Leicester 2-3 Sheffield United: Three Foxes Talking Points

After their heaviest defeat of the season against Southampton on Tuesday evening, the Foxes returned to the King Power Stadium to take on relegation-threatened Sheffield United. Another disastrous first half performance by Leicester effectively decided the match. The club is close to being in crisis now.
Cifuentes may not survive another defeat.
Cifuentes may not survive another defeat. | George Wood/GettyImages

Falling off a cliff

With two consecutive victories, it looked like the Foxes were back on track. A dreadful result and performance against the Saints, though, reopened debate about the team’s promotion credentials and the manager’s future. Those Leicester fans who braved the whole game at St. Mary’s were not slow in criticising the players at the end of the game. 15th in the Championship table is simply not good enough for a club who were playing in the Premier League last season. 

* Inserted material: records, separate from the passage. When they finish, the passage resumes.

-- ===== src/App/Invariant/Live.antt =====
-- src/app.rs, `tick`: the order of the application while it is connected.
use sony_buds_tray_control.App.Connection.{is_some}
use sony_buds_tray_control.App.Defs.{AppCore, ConnState, Link, Outside, sync_interval}
use sony_buds_tray_control.App.Invariant.{Agrees, AppOk, Kept, LinkOk, live-ok, teardown-AppOk}
use sony_buds_tray_control.App.Invariant.Command.{Requested, request_sync-Requested, requested}
use sony_buds_tray_control.App.Tick.{
  Turn, auto_commit, drive_connected, finish, finished, handle_events, periodic_sync, poll_engine,
  poll_rounds, seen, sync_now, then_do, turn_at,
}
use sony_buds_tray_control.Device.Engine.{DeviceEvent, Engine, is_ready}
use sony_buds_tray_control.Device.Engine.Build.CommitTotal.{request_commit-Started}
use sony_buds_tray_control.Device.Engine.Build.Keeps.{request_commit-Few}
use sony_buds_tray_control.Device.Engine.Build.Request.{request_commit, request_sync}
use sony_buds_tray_control.Device.Engine.Invariant.{EngineOk}
use sony_buds_tray_control.Device.Engine.Poll.{poll}
use sony_buds_tray_control.Device.Engine.Poll.Preserve.{poll-BandsOk, poll-EngineOk}
use sony_buds_tray_control.Device.Engine.Stable.{BandsOk}
use sony_buds_tray_control.Device.Properties.{is_dirty}
use sony_buds_tray_control.Prelude.{
  Bool-cases, List, Option, Option-cases, [], arith, false, inl, inr, leb, none, not, refl, some,
  subst, suc, zero, ℕ, ◌&&◌, ◌-◌, ◌∷◌, ◌≡◌,
}

request_commit-Requested :
    (now : ℕ) (e : Engine) → EngineOk e → BandsOk e → Requested (request_commit now e)
request_commit-Requested now e good few =
    requested _ (request_commit-Started now e good (inr (omega (arith, few))))
      (request_commit-Few now e few)

module _ {W C : Type 0} (out : Outside W C) where
  poll_rounds-LinkOk :
      (rounds room : ℕ) (l : Link C) (w : W)
      → LinkOk (some l)
      → LinkOk (some (poll_rounds out rounds room l w).1)
  unfolding poll_rounds
  poll_rounds-LinkOk zero room l w good = good
  poll_rounds-LinkOk (suc rounds) zero l w good = good
  poll_rounds-LinkOk (suc rounds) (suc room) l w good =
      let read = out.now w in
      let polled = poll out.wire read.0 l.engine l.conn in
      let l' : Link C = record { engine = polled.0.0; conn = polled.1 } in
      let good' : LinkOk (some l') = (
        poll-EngineOk out.wire read.0 l.engine l.conn good.0,
        poll-BandsOk out.wire read.0 l.engine l.conn good.1,
      ) in
      elim (Option-cases polled.0.1) [
        | inl silent ↦ rw (poll_rounds, silent) good'
        | inr (ev, reported) ↦
            rw (poll_rounds, reported) (poll_rounds-LinkOk rounds room l' read.1 good')
      ]

  -- In the arm for `Connected`.
  abbrev TurnOk : Turn W C → Type 0
  TurnOk t =
      LinkOk (some t.link) × (t.app.conn_state ≡ ConnState.connected) × (t.app.reconnect ≡ false)

  abbrev KeptTurn : Option (Turn W C) → Type 0
  KeptTurn none = ⊥
  KeptTurn (some t) = TurnOk t

  sync_now-KeptTurn : (t : Turn W C) → TurnOk t → KeptTurn (sync_now out t)
  unfolding sync_now
  sync_now-KeptTurn t good =
      let now = (out.now t.app.world).0 in
      let fine = request_sync-Requested now t.link.engine good.0.0 good.0.1 in
      elim (Option-cases (request_sync now t.link.engine)) [
        | inl over ↦ absurd (subst Requested over fine)
        | inr ((_, e), sent) ↦ rw (sync_now, sent) (subst Requested sent fine, good.1, good.2)
      ]

  then_do-KeptTurn :
      (t : Option (Turn W C)) (f : Turn W C → Option (Turn W C))
      → ((t' : Turn W C) → TurnOk t' → KeptTurn (f t'))
      → KeptTurn t
      → KeptTurn (then_do t f)
  then_do-KeptTurn none f h good = absurd good
  then_do-KeptTurn (some t) f h good = h t good

  handle_events-KeptTurn :
      (evs : List DeviceEvent) (t : Turn W C) → TurnOk t → KeptTurn (handle_events out evs t)
  unfolding handle_events
  handle_events-KeptTurn [] t good = good
  handle_events-KeptTurn (DeviceEvent.init_ok ∷ evs) t good =
      then_do-KeptTurn _ (handle_events out evs) (handle_events-KeptTurn evs)
        (sync_now-KeptTurn (seen t) good)
  handle_events-KeptTurn (DeviceEvent.error e ∷ evs) t good = good
  handle_events-KeptTurn (DeviceEvent.disconnected ∷ evs) t good = good
  handle_events-KeptTurn (_ ∷ evs) t good = handle_events-KeptTurn evs (seen t) good

  auto_commit-KeptTurn : (t : Turn W C) → TurnOk t → KeptTurn (auto_commit out t)
  unfolding auto_commit
  auto_commit-KeptTurn t good =
      let now = (out.now t.app.world).0 in
      let fine = request_commit-Requested now t.link.engine good.0.0 good.0.1 in
      elim (Bool-cases
        (not (is_some t.fatal) && is_ready t.link.engine && is_dirty t.link.engine.props)) [
          | inr no' ↦ rw (auto_commit, no') good
          | inl yes' ↦ elim (Option-cases (request_commit now t.link.engine)) [
            | inl over ↦ absurd (subst Requested over fine)
            | inr ((_, e), sent) ↦
                rw (auto_commit, yes', sent) (subst Requested sent fine, good.1, good.2)
          ]
        ]

  periodic_sync-KeptTurn : (t : Turn W C) → TurnOk t → KeptTurn (periodic_sync out t)
  unfolding periodic_sync
  periodic_sync-KeptTurn t good =
      elim (Bool-cases (not (is_some t.fatal) && is_ready t.link.engine)) [
        | inr no' ↦ rw (periodic_sync, no') good
        | inl yes' ↦
            elim (Bool-cases (leb sync_interval ((out.now t.app.world).0 - t.app.last_sync))) [
              | inr early ↦ rw (periodic_sync, yes', early) good
              | inl due ↦
                  rw (periodic_sync, yes', due)
                    (sync_now-KeptTurn (turn_at (out.now t.app.world).1 t) good)
            ]
      ]

  finish-AppOk : (t : Turn W C) → TurnOk t → AppOk (finish out t)
  unfolding finish
  finish-AppOk t good = elim (Option-cases t.fatal) [
    | inl fine ↦ rw (finish, fine, good.1) ((refl, good.2), good.0, inl good.2)
    | inr (msg, lost) ↦
        rw (finish, lost)
          (teardown-AppOk out (some msg) (record t.app { engine = some t.link }) (inl good.2))
  ]

  finished-Kept : (t : Option (Turn W C)) → KeptTurn t → Kept (finished out t)
  finished-Kept none good = absurd good
  finished-Kept (some t) good = finish-AppOk t good

  not_live :
      (app : AppCore W C) → app.engine ≡ none → app.conn_state ≡ ConnState.connected → AppOk app → ⊥
  not_live app idle state good = ground arith

  pub drive_connected-Kept :
      (app : AppCore W C)
      → app.conn_state ≡ ConnState.connected
      → AppOk app
      → Kept (drive_connected out app)
  unfolding drive_connected
  drive_connected-Kept app state good = elim (Option-cases app.engine) [
    | inl idle ↦ absurd (not_live app idle state good)
    | inr (l, live) ↦
        let polled = poll_engine out l app.world in
        let t : Turn W C = record {
          link = polled.1;
          app = record app { world = polled.2 };
          fatal = none;
        } in
        let here = subst (λ s. Agrees s app.engine app.reconnect app.connected_mac) state good.0 in
        let start : TurnOk t =
          (poll_rounds-LinkOk 64 8 l app.world (live-ok app l live good), state, here.1) in
        rw (drive_connected, live)
          (finished-Kept _ (
            then_do-KeptTurn _ (periodic_sync out) periodic_sync-KeptTurn (
              then_do-KeptTurn _ (auto_commit out) auto_commit-KeptTurn
                (handle_events-KeptTurn polled.0 t start))))
  ]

It was in this context that the Foxes took on Sheffield United, a club who have struggled this season but who have just come off two consecutive 3-0 victories. The result was effectively decided in the first half. As at Southampton, some catastrophic defending led to the conceding of three goals. For the first, City had ample opportunity to clear before the ball fell nicely to Tom Cannon who scored against his former club. For the second and third, there was a failure to close down in-rushing United players both of whom had time to knock the ball into the net. At the other end of the pitch, Leicester offered very  little. 

A much-improved performance in the second half, assisted by substitutes Oliver Skipp, Boubakary Soumare and Jordan Ayew, almost got City back in the game (Stephy Mavididi and Jordan James netting) but another defeat raises serious doubts about the future of Marti Cifuentes as well as the direction of the club. 

Not good enough

Pundits regularly trot out that Leicester have a talented squad of players who ought, at the very least, to be competing at the top end of the Championship table. This, in my view, is lazy journalism. 

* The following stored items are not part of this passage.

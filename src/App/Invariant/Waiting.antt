-- ===== src/App/Invariant/Waiting.antt =====
-- src/app.rs, `tick`: the order of the application while it waits.
use sony_buds_tray_control.App.Connection.{
  attach, drive_waiting, is_back, refresh_devices, rescan, wait_if, wait_until,
}
use sony_buds_tray_control.App.Defs.{AppCore, Outside, at_world, reconnect_delay}
use sony_buds_tray_control.App.Invariant.{AppOk, refresh_devices-AppOk}
use sony_buds_tray_control.App.Invariant.Command.{Agrees-idle, idle_state}
use sony_buds_tray_control.Prelude.{
  Bool, Bool-cases, Option-cases, Result-cases, false, inl, inr, leb, none, refl, true, ◌+◌, ◌∙◌,
  ◌≡◌,
}
use sony_buds_tray_control.Text.{String}

module _ {W C : Type 0} where
  pub attach-AppOk :
      (mac : String) (app : AppCore W C) → app.engine ≡ none → AppOk app → AppOk (attach mac app)
  attach-AppOk mac app idle good = ((idle, refl), good.1, good.2)

module _ {W C : Type 0} (out : Outside W C) where
  refresh_devices-engine : (app : AppCore W C) → (refresh_devices out app).engine ≡ app.engine
  unfolding refresh_devices
  refresh_devices-engine app = elim (Result-cases (out.list_devices app.world).0) [
    | inl (list, h) ↦ rw (refresh_devices, h) refl
    | inr (e, h) ↦ rw (refresh_devices, h) refl
  ]

  rescan-AppOk :
      (app : AppCore W C) → idle_state app.conn_state ≡ true → AppOk app → AppOk (rescan out app)
  unfolding rescan
  rescan-AppOk app idle good =
      let read = out.now app.world in
      let waiting = wait_until (read.0 + reconnect_delay) (at_world read.1 app) in
      let scanned = refresh_devices out waiting in
      elim (Option-cases app.config.last_device) [
        | inl nothing ↦ rw (rescan, nothing) good
        | inr (mac, known) ↦ elim (Bool-cases (is_back mac scanned.devices)) [
          | inr away ↦ rw (rescan, known, away) (refresh_devices-AppOk out waiting good)
          | inl back ↦
              rw (rescan, known, back)
                (attach-AppOk mac scanned
                  (refresh_devices-engine waiting
                    ∙ Agrees-idle app.conn_state app.engine app.reconnect app.connected_mac idle
                        good.0)
                  (refresh_devices-AppOk out waiting good))
        ]
      ]

  wait_if-AppOk :
      (b : Bool) (app : AppCore W C)
      → idle_state app.conn_state ≡ true
      → AppOk app
      → AppOk (wait_if out b app)
  unfolding wait_if
  wait_if-AppOk false app idle good = good
  wait_if-AppOk true app idle good =
      let app' = at_world (out.now app.world).1 app in
      elim (Bool-cases (leb app.next_reconnect (out.now app.world).0)) [
        | inr early ↦ rw (wait_if, early) good
        | inl due ↦ rw (wait_if, due) (rescan-AppOk app' idle good)
      ]

  pub drive_waiting-AppOk :
      (app : AppCore W C)
      → idle_state app.conn_state ≡ true
      → AppOk app
      → AppOk (drive_waiting out app)
  unfolding drive_waiting
  drive_waiting-AppOk app idle good = wait_if-AppOk app.reconnect app idle good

It is no accident that the Foxes find themselves in a bottom-half position. There are too many weaknesses in the team, many of which were on display against the Blades. The defence is fragile, the midfield ponderous and the forward line non-existent. Probably five or six City players would struggle to be first choice starters in most Championship teams. Even Abdul Fatawu, excellent at the start of the season, is struggling. That’s one goal in 14 games for him. There are the exceptions. Jordan James impressed again on Saturday as did Mavididi in the second half but the team seems inacapable of putting together a 90 minute performance.

A warning

I’ve written before that the biggest threat to a football club is not anger and protest but apathy. For the fourth home game in succession, the attendance at the King Power Stadium dipped below 30,000, even though the Blades brought a sizeable following. By the time the third goal went in on Saturday, Foxes’ fans were leaving in droves. By the start of the second half, the ground was half empty. It is a very visible sign of a club in trouble.